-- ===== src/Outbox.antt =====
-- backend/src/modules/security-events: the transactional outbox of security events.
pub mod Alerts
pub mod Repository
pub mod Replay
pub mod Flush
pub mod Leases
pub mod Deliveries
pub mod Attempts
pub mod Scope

* * *

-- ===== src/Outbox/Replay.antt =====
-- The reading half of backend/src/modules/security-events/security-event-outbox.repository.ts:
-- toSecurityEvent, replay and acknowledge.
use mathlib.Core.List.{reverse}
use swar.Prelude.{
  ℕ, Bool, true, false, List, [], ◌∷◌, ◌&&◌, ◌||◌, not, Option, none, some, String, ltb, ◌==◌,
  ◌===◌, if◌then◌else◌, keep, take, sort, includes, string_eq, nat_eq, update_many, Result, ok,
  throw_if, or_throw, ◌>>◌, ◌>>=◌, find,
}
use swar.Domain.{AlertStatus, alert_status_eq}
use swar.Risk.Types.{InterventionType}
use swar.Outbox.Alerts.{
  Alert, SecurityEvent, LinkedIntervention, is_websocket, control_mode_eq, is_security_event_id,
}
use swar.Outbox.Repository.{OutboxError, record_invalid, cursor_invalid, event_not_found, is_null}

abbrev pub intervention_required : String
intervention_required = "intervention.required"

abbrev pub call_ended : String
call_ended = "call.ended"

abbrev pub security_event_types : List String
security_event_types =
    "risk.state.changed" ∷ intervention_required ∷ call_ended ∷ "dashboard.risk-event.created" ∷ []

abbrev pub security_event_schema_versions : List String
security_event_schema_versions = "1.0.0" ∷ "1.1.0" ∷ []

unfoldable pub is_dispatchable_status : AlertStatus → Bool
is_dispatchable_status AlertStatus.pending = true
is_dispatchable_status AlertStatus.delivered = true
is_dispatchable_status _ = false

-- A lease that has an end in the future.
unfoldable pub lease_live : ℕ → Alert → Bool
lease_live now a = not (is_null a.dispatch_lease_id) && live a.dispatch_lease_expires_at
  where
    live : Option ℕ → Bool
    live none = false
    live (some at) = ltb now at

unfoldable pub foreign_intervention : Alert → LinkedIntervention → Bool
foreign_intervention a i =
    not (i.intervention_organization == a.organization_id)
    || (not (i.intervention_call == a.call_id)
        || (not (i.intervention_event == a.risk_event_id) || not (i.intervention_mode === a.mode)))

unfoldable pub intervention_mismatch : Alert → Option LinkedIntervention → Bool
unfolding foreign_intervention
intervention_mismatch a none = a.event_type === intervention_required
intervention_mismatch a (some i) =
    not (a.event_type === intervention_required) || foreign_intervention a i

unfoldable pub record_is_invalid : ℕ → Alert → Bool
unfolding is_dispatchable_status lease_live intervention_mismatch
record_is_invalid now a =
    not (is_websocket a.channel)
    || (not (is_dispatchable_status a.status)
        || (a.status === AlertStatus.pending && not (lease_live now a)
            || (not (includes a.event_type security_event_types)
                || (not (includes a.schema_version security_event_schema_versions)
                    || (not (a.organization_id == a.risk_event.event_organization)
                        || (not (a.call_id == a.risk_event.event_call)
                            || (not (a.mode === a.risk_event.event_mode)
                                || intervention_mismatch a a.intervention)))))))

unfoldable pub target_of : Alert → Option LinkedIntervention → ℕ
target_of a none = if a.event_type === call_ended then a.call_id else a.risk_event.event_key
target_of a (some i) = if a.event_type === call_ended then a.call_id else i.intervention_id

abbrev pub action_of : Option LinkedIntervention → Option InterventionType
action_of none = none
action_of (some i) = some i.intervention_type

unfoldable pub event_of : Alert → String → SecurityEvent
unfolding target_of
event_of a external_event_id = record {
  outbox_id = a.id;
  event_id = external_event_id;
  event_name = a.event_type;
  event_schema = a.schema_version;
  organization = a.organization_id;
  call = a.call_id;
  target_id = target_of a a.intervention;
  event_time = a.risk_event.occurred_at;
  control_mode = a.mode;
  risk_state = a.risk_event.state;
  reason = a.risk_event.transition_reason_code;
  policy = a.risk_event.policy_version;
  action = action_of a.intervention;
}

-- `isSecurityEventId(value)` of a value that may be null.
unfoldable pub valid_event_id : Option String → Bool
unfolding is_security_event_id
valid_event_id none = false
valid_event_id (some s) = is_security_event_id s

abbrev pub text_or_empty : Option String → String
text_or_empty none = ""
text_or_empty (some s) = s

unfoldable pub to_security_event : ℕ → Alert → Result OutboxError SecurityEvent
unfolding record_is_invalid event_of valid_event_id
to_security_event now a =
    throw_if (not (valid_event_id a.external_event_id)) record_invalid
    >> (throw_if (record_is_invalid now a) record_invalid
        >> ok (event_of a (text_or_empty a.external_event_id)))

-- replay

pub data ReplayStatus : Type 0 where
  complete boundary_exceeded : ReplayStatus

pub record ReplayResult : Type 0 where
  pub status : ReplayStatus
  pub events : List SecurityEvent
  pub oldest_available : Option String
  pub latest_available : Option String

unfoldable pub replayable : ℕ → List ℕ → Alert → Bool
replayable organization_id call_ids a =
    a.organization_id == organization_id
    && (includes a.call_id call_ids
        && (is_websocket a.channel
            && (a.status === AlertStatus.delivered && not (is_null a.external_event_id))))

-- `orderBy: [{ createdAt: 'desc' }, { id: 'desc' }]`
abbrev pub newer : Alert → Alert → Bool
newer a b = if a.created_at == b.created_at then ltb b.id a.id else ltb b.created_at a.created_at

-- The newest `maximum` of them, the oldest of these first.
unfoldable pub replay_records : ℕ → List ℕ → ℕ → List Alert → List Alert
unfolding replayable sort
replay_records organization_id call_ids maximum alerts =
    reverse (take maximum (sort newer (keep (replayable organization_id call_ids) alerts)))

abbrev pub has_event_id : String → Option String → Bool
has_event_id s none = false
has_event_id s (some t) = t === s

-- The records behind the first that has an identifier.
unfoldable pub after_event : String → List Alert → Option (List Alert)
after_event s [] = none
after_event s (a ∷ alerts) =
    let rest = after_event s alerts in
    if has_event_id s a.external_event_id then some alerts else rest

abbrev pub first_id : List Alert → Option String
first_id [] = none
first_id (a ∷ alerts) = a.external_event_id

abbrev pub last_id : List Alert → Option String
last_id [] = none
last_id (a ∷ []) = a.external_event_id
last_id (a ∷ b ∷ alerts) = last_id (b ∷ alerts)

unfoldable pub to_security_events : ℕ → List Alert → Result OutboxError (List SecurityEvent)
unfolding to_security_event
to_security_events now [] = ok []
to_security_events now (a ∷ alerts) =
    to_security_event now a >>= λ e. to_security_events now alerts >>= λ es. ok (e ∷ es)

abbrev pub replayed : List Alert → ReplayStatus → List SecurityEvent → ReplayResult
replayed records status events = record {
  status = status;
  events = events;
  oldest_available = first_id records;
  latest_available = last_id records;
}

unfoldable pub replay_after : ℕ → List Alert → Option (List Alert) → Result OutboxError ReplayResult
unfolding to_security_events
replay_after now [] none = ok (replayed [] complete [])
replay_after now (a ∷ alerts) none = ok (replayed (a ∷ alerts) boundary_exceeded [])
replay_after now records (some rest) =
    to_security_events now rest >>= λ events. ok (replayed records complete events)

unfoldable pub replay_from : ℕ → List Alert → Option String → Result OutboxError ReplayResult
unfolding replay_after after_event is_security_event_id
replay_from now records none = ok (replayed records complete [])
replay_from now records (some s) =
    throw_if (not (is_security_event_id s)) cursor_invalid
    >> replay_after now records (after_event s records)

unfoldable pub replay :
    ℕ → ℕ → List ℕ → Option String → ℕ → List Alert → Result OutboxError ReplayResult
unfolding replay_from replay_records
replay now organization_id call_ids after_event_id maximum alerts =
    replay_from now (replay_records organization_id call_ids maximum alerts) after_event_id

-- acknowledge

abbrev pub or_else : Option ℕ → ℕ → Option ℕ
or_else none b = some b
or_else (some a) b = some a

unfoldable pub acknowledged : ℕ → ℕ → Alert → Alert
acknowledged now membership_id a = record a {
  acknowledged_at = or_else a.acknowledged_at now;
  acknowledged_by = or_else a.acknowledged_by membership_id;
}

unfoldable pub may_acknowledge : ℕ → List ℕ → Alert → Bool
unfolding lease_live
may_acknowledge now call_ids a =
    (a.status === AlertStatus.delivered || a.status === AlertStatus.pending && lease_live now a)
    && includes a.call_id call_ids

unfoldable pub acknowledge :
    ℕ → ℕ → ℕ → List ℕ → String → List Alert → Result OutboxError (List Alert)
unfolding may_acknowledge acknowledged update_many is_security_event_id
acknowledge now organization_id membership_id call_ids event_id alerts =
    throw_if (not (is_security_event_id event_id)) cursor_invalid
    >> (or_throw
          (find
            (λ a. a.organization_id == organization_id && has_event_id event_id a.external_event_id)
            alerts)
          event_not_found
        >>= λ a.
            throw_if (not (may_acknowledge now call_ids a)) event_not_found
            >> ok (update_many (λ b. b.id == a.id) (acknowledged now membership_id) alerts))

» Task prompt: What is the number of lines in the records that contain "Bool"? State that number alone.

» Task solution: 12